**TASK PROMPT:**
Pull out of the data below the stretch of lines bounded by the one containing "λ u chat e." and the one containing "-- handler, and", both bounds included, unchanged.

**THE DATA:**
-- ===== src/Bot/Updates/Serial/Queued.antt =====
-- services/bot/internal/bot/dispatch.go: an update is sent to the queue of its chat.
use mathlib.Core.Path.{subst}
use mathlib.Core.List.{append-nil}
use price_scount.Base.{
  ℕ, ◌≤◌, ◌<◌, ◌≡◌, refl, sym, ap, ◌∙◌, true, false, none, some, List, [], ◌∷◌, ◌++◌, ◌==◌, length,
  length-append, arith, Bool-cases, inl, inr,
}
use price_scount.Bot.Updates.{Update, update_chat_id, System, queue_index, queue_capacity, assign}
use price_scount.Bot.Updates.Serial.{
  of_chat, held, pending_updates, IsSerial, of_chat-append, of_chat-other,
}

-- Chats with different queues are different.
apart : (chat c : ℕ) → (queue_index c == queue_index chat) ≡ false → (chat == c) ≡ false
apart chat c d = elim (Bool-cases (chat == c)) [
  | inl e ↦
      let same : chat ≡ c = ground (arith, e) in
      absurd (ground (arith, d, ap (λ t. queue_index t) same))
  | inr e ↦ e
]

-- The queues after an update was sent to that of its chat.
abbrev pub queued : Update → ℕ → (ℕ → List Update) → ℕ → List Update
queued u chat queues = assign (queue_index chat) (queues (queue_index chat) ++ u ∷ []) queues

queued-own :
    (u : Update) (chat j : ℕ) (queues : ℕ → List Update)
    → (j == queue_index chat) ≡ true
    → queued u chat queues j ≡ queues j ++ u ∷ []
queued-own u chat j queues e =
    let same : queue_index chat ≡ j = ground (arith, e) in rw e (ap (λ t. queues t ++ u ∷ []) same)

queued-other :
    (u : Update) (chat j : ℕ) (queues : ℕ → List Update)
    → (j == queue_index chat) ≡ false
    → queued u chat queues j ≡ queues j
queued-other u chat j queues d = rw d refl

queued-line :
    (u : Update) (chat c : ℕ) (queues : ℕ → List Update)
    → update_chat_id u ≡ some chat
    → of_chat c (queued u chat queues (queue_index c))
      ≡ of_chat c (queues (queue_index c)) ++ of_chat c (u ∷ [])
queued-line u chat c queues e = elim (Bool-cases (queue_index c == queue_index chat)) [
  | inl t ↦
      ap (λ v. of_chat c v) (queued-own u chat (queue_index c) queues t)
      ∙ of_chat-append c (queues (queue_index c)) (u ∷ [])
  | inr d ↦
      ap (λ v. of_chat c v) (queued-other u chat (queue_index c) queues d)
      ∙ sym (append-nil (of_chat c (queues (queue_index c))))
      ∙ ap (λ v. of_chat c (queues (queue_index c)) ++ v)
          (sym (of_chat-other c chat u e (apart chat c d)))
]

queued-free :
    (u : Update) (chat c j : ℕ) (queues : ℕ → List Update)
    → update_chat_id u ≡ some chat
    → (j == queue_index c) ≡ false
    → of_chat c (queues j) ≡ []
    → of_chat c (queued u chat queues j) ≡ []
queued-free u chat c j queues e far free = elim (Bool-cases (j == queue_index chat)) [
  | inl t ↦
      let d : (queue_index c == queue_index chat) ≡ false = ground (arith, t, far) in
      ap (λ v. of_chat c v) (queued-own u chat j queues t)
      ∙ of_chat-append c (queues j) (u ∷ [])
      ∙ ap (λ v. v ++ of_chat c (u ∷ [])) free
      ∙ of_chat-other c chat u e (apart chat c d)
  | inr d ↦ ap (λ v. of_chat c v) (queued-other u chat j queues d) ∙ free
]

queued-bound :
    (u : Update) (chat j : ℕ) (queues : ℕ → List Update)
    → length (queues (queue_index chat)) < queue_capacity
    → length (queues j) ≤ queue_capacity
    → length (queued u chat queues j) ≤ queue_capacity
queued-bound u chat j queues room h = elim (Bool-cases (j == queue_index chat)) [
  | inl t ↦
      let same : queue_index chat ≡ j = ground (arith, t) in
      let room' : length (queues j) < queue_capacity =
        subst (λ k. length (queues k) < queue_capacity) same room in
      rw (queued-own u chat j queues t, length-append (queues j) (u ∷ [])) (omega (arith, room'))
  | inr d ↦ rw (queued-other u chat j queues d) h
]

pub queue-IsSerial :
    (u : Update) (chat : ℕ) (s : System)
    → s.pending ≡ some (u, chat)
    → length (s.queues (queue_index chat)) < queue_capacity
    → IsSerial s
    → IsSerial (record s { pending = none; queues = queued u chat s.queues })
queue-IsSerial u chat s held_back room (order, places, chats, bound) =
    let e : update_chat_id u ≡ some chat = chats u chat held_back in
    (
      λ c.
          order c
          ∙ ap (λ t. of_chat c s.handled ++ (of_chat c (held (s.workers (queue_index c))) ++ t))
              (ap (λ t. of_chat c (s.queues (queue_index c)) ++ of_chat c (pending_updates t))
                  held_back
                ∙ sym (queued-line u chat c s.queues e)
                ∙ sym (append-nil (of_chat c (queued u chat s.queues (queue_index c))))
                ∙ ap (λ t. of_chat c (queued u chat s.queues (queue_index c)) ++ t)
                    (unfold of_chat in refl)),
      λ c j far. ((places c j far).0, queued-free u chat c j s.queues e far (places c j far).1),
      λ v d same. absurd (ground (arith, same)),
      λ j. queued-bound u chat j s.queues room (bound j),
    )
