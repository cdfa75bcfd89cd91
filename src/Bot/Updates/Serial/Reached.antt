-- ===== src/Bot/Updates/Serial/Reached.antt =====
-- services/bot/internal/bot/dispatch.go: every order of the steps.
use mathlib.Core.Path.{subst}
use mathlib.Core.List.{append-nil}
use price_scount.Base.{
  ℕ, ◌≤◌, ◌≡◌, refl, sym, ap, ◌∙◌, true, Option, none, some, [], ◌∷◌, ◌++◌, ◌==◌, ltb, length,
  arith, Bool-cases, Option-cases, inl, inr, ◌⊎◌,
}
use price_scount.Bot.Updates.{
  Update, update_chat_id, System, queue_index, queue_capacity, accept, receive, enqueue_at, enqueue,
  stop, cancel, new_dispatcher, Reach, started, received, enqueued, stopped, cancelled_by, worked,
}
use price_scount.Bot.Updates.Serial.{
  of_chat, held, pending_updates, waiting, Free, IsSerial, of_chat-append, of_chat-none, joins,
}
use price_scount.Bot.Updates.Serial.Kept.{work-IsSerial}
use price_scount.Bot.Updates.Serial.Queued.{queued, queue-IsSerial}

-- An update without a chat.
pass-IsSerial :
    (u : Update) (s : System)
    → update_chat_id u ≡ none
    → IsSerial s
    → IsSerial (record s { arrived = s.arrived ++ u ∷ [] })
pass-IsSerial u s e (order, places, chats, bound) = (
  λ chat.
      of_chat-append chat s.arrived (u ∷ [])
      ∙ ap (λ t. of_chat chat s.arrived ++ t) (of_chat-none chat u e)
      ∙ append-nil (of_chat chat s.arrived)
      ∙ order chat,
  places,
  chats,
  bound,
)

-- An update with a chat, where none is pending.
hold-IsSerial :
    (u : Update) (chat : ℕ) (s : System)
    → s.pending ≡ none
    → update_chat_id u ≡ some chat
    → IsSerial s
    → IsSerial (record s { arrived = s.arrived ++ u ∷ []; pending = some (u, chat) })
hold-IsSerial u chat s empty e (order, places, _, bound) = (
  λ c.
      of_chat-append c s.arrived (u ∷ [])
      ∙ joins (of_chat c s.arrived) (of_chat c s.handled)
          (of_chat c (held (s.workers (queue_index c)))) (of_chat c (s.queues (queue_index c)))
          (of_chat c (pending_updates s.pending)) (of_chat c (u ∷ [])) (order c)
          (ap (λ t. of_chat c (pending_updates t)) empty ∙ unfold of_chat in refl),
  places,
  λ v d same. ground (arith, e, same),
  bound,
)

accept-IsSerial :
    (update : Option Update) (s : System)
    → s.pending ≡ none
    → IsSerial s
    → IsSerial (accept update s)
accept-IsSerial none s empty h = unfold accept in h
accept-IsSerial (some u) s empty h = elim (Option-cases (update_chat_id u)) [
  | inl e ↦
      let step : accept (some u) s ≡ record s { arrived = s.arrived ++ u ∷ [] } =
        unfold accept in ground (arith, e) in
      subst IsSerial (sym step) (pass-IsSerial u s e h)
  | inr (chat, e) ↦
      let step : accept (some u) s
          ≡ record s { arrived = s.arrived ++ u ∷ []; pending = some (u, chat) } =
        unfold accept in ground (arith, e) in
      subst IsSerial (sym step) (hold-IsSerial u chat s empty e h)
]

receive-IsSerial : (update : Option Update) (s : System) → IsSerial s → IsSerial (receive update s)
receive-IsSerial update s h = elim (Bool-cases s.ended) [
  | inl e ↦
      let step : receive update s ≡ s = unfold receive in ground (arith, e) in
      subst IsSerial (sym step) h
  | inr e ↦ elim (Option-cases s.pending) [
    | inl n ↦
        let step : receive update s ≡ accept update s = unfold receive in ground (arith, e, n) in
        subst IsSerial (sym step) (accept-IsSerial update s n h)
    | inr (_, n) ↦
        let step : receive update s ≡ s = unfold receive in ground (arith, e, n) in
        subst IsSerial (sym step) h
  ]
]

enqueue-IsSerial : (s : System) → IsSerial s → IsSerial (enqueue s)
enqueue-IsSerial s h = elim (Bool-cases s.ended) [
  | inl e ↦
      let step : enqueue s ≡ s = unfold enqueue in ground (arith, e) in subst IsSerial (sym step) h
  | inr e ↦ elim (Option-cases s.pending) [
    | inl n ↦
        let step : enqueue s ≡ s = unfold enqueue in ground (arith, e, n) in
        subst IsSerial (sym step) h
    | inr ((u, chat), n) ↦
        elim (Bool-cases (ltb (length (s.queues (queue_index chat))) queue_capacity)) [
          | inl t ↦
              let step : enqueue s ≡ record s { pending = none; queues = queued u chat s.queues } =
                unfold enqueue enqueue_at in ground (arith, e, n, t) in
              subst IsSerial (sym step) (queue-IsSerial u chat s n (ground (arith, t)) h)
          | inr t ↦
              let step : enqueue s ≡ s = unfold enqueue enqueue_at in ground (arith, e, n, t) in
              subst IsSerial (sym step) h
        ]
  ]
]

stop-IsSerial : (s : System) → IsSerial s → IsSerial (stop s)
stop-IsSerial s h = elim (Bool-cases s.cancelled) [
  | inl e ↦
      let step : stop s ≡ record s { ended = true } = unfold stop in ground (arith, e) in
      subst IsSerial (sym step) h
  | inr e ↦ let step : stop s ≡ s = unfold stop in ground (arith, e) in subst IsSerial (sym step) h
]

cancel-IsSerial : (s : System) → IsSerial s → IsSerial (cancel s)
cancel-IsSerial s h = unfold cancel in h

new-IsSerial : IsSerial new_dispatcher
unfolding of_chat
new-IsSerial = (
  λ chat. refl,
  λ chat j d. (refl, refl),
  λ u chat e. absurd (ground (arith, e)),
  λ j. omega arith,
)

Reach-IsSerial : {s : System} → Reach s → IsSerial s
Reach-IsSerial started = new-IsSerial
Reach-IsSerial (received {s} update r) = receive-IsSerial update s (Reach-IsSerial r)
Reach-IsSerial (enqueued {s} r) = enqueue-IsSerial s (Reach-IsSerial r)
Reach-IsSerial (stopped {s} r) = stop-IsSerial s (Reach-IsSerial r)
Reach-IsSerial (cancelled_by {s} r) = cancel-IsSerial s (Reach-IsSerial r)
Reach-IsSerial (worked {s} i r) = work-IsSerial i s (Reach-IsSerial r)

-- What holds of every chat: the updates of the chat that were received are those that were given to the
-- handler, and after them, in the order in which they came, those that wait with its worker, in its
-- queue and before it; and a worker is the chat's own or has no update of the chat, in its hands or in
-- its queue.
abbrev pub IsServed : System → ℕ → Type 0
IsServed s chat =
    (of_chat chat s.arrived ≡ of_chat chat s.handled ++ waiting chat s)
    × ((j : ℕ) → (j ≡ queue_index chat) ⊎ Free chat j s)
    × (length (s.queues (queue_index chat)) ≤ queue_capacity)

-- In whatever order the dispatcher receives, sends and stops, the context is cancelled and the workers
-- make their steps: the updates of a chat are given to the handler in the order in which they came,
-- none twice and none left out before a later one; what was received and not handled is with the
-- worker of the chat, in its queue or still to be sent there; no other worker has an update of the
-- chat, so that no two are handled at once; and the queue holds at most 32.
pub Reach-IsServed : {s : System} → Reach s → (chat : ℕ) → IsServed s chat
Reach-IsServed {s} r chat =
    let h = Reach-IsSerial r in
    (
      h.0 chat,
      λ j. elim (Bool-cases (j == queue_index chat)) [
        | inl t ↦ inl (ground (arith, t))
        | inr d ↦ inr (h.1 chat j d)
      ],
      h.3 (queue_index chat),
    )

**EXPECTED ANSWER:**
  λ u chat e. absurd (ground (arith, e)),
  λ j. omega arith,
)

Reach-IsSerial : {s : System} → Reach s → IsSerial s
Reach-IsSerial started = new-IsSerial
Reach-IsSerial (received {s} update r) = receive-IsSerial update s (Reach-IsSerial r)
Reach-IsSerial (enqueued {s} r) = enqueue-IsSerial s (Reach-IsSerial r)
Reach-IsSerial (stopped {s} r) = stop-IsSerial s (Reach-IsSerial r)
Reach-IsSerial (cancelled_by {s} r) = cancel-IsSerial s (Reach-IsSerial r)
Reach-IsSerial (worked {s} i r) = work-IsSerial i s (Reach-IsSerial r)

-- What holds of every chat: the updates of the chat that were received are those that were given to the
-- handler, and after them, in the order in which they came, those that wait with its worker, in its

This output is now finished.